Desbravador de meias rimas finais

Descubro por onde escrevo diversos papéis,
Diversas canetas, cores de tintas,
E palavras que expressam o indiscutível
Não o discuta, apenas mostro-o para fora de si.

Não se trata de histórias de lampiões ou cordéis
Nem de Marieta, nem de sonetos que ela recita.
Descubro nas rimas o imprescindível.
Não pressinto, eu sinto. Tudo que há em mim por parte de ti.

Meu desespero é madrugada nua,
Que brinca fazendo traços no horizonte
No nosso caderno de desenho para que possamos percebê-la.

A madrugada é o sono do sol, a tarde da lua
E uma brincadeira de esconde-esconde
Entre as nuvens e as estrelas.

Não quis fazer soneto porque já o descobriram,
E como é vivo em mim novas descobertas,
Escrevo sobre o que meus olhos nunca sentiram,
E quando a viram lá de longe, já lhes tremeram as pernas.

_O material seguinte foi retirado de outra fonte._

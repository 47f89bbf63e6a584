-- ===== src/Hub/BridgeGroups/Tests.antt =====
-- A group of two buses.
use can_hub.Base.{◌≡◌, refl, true, false, [], ◌∷◌, none, find_index, str_eq, Text}
use can_hub.Hub.BridgeRoutes.{BridgeEndpoint, filters_pass, equals, names, is_named}
use can_hub.Hub.BridgeRoutes.Tests.{bus1}
use can_hub.Hub.BridgeGroups.{
  BridgeGroup, BridgeGroupMember, BridgeGroups, blank, no_member, is_name_valid, is_name_valid_from,
  set_group, store_group, with_filters, choose_index, find_group_index, free_index, reset, join,
  join_group, leave, leave_group, member_index, is_member_valid, is_empty, has_room, restore,
  join_all, nth, nth_from, remove, find_group, carries, receives,
}
use can_hub.Hub.BridgeGroups.Invariant.{
  IsValid, here, next, setting, joining, leaving, groups_reached-IsValid,
}

abbrev bus3 : BridgeEndpoint
bus3 = record { agent_name = b'b' ∷ []; interface_name = b'3' ∷ [] }

abbrev twins : Text
twins = b't' ∷ b'w' ∷ []

abbrev member : BridgeEndpoint → BridgeGroupMember
member e = record no_member { endpoint = e }

pub one_group : BridgeGroups
one_group = (join (join (set_group reset twins 0 []).1 twins (member bus1)).1 twins (member bus3)).1

pub one_group-IsValid : IsValid one_group
unfolding one_group
one_group-IsValid = groups_reached-IsValid (
    next (next (next here (setting twins 0 [])) (joining twins (member bus1)))
      (joining twins (member bus3)))

groups_reached-IsValid_example : IsValid (leave one_group twins bus1).1
unfolding one_group
groups_reached-IsValid_example = groups_reached-IsValid (
    next
      (next (next (next here (setting twins 0 [])) (joining twins (member bus1)))
        (joining twins (member bus3)))
      (leaving twins bus1))

one_group_runs :
    (is_empty one_group ≡ false)
    × ((leave one_group twins bus1).0 ≡ true)
    × ((leave (leave one_group twins bus1).1 twins bus1).0 ≡ false)
    × ((remove one_group twins).0 ≡ true)
    × (has_room one_group twins ≡ true)
    × (nth one_group 1 ≡ none)
    × (find_group one_group [] ≡ none)
    × ((restore reset
          (record blank.group { name = twins; member_count = 1; members = member bus3 ∷ [] })).0
        ≡ true)
unfolding one_group join set_group is_name_valid is_name_valid_from choose_index find_group_index
    free_index find_index store_group with_filters reset join_group member_index is_member_valid
    is_named equals names str_eq is_empty leave leave_group remove has_room nth nth_from find_group
    restore join_all
one_group_runs = (refl, refl, refl, refl, refl, refl, refl, refl)

-- A member that only receives: its own frames stay home.
abbrev listener : BridgeGroup
listener = record blank.group {
  member_count = 1;
  members = record (member bus3) { direction = 2 } ∷ [];
}

listener_runs :
    (carries listener bus3 0x123 ≡ false)
    × (carries (record listener { members = member bus3 ∷ [] }) bus3 0x123 ≡ true)
    × (receives (record (member bus3) { direction = 2 }) ≡ true)
    × (receives (record (member bus3) { direction = 1 }) ≡ false)
unfolding carries receives member_index find_index equals names str_eq filters_pass
listener_runs = (refl, refl, refl, refl)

Formou-se então novas frestas,
Um caminho indistinto,
E as borboletas de asas abertas,
Mostraram-me qual o meu destino.

O final deste é intangível
Sabido pelos órfãos de amor, donos da solidão,
Nunca por mim, mero crepúsculo sensível.

Descubro no fim, lareira acesa e imensidão.
No início tudo era discreto, agora indescritível.
No meio de tudo, havia uma chave. A do seu coração.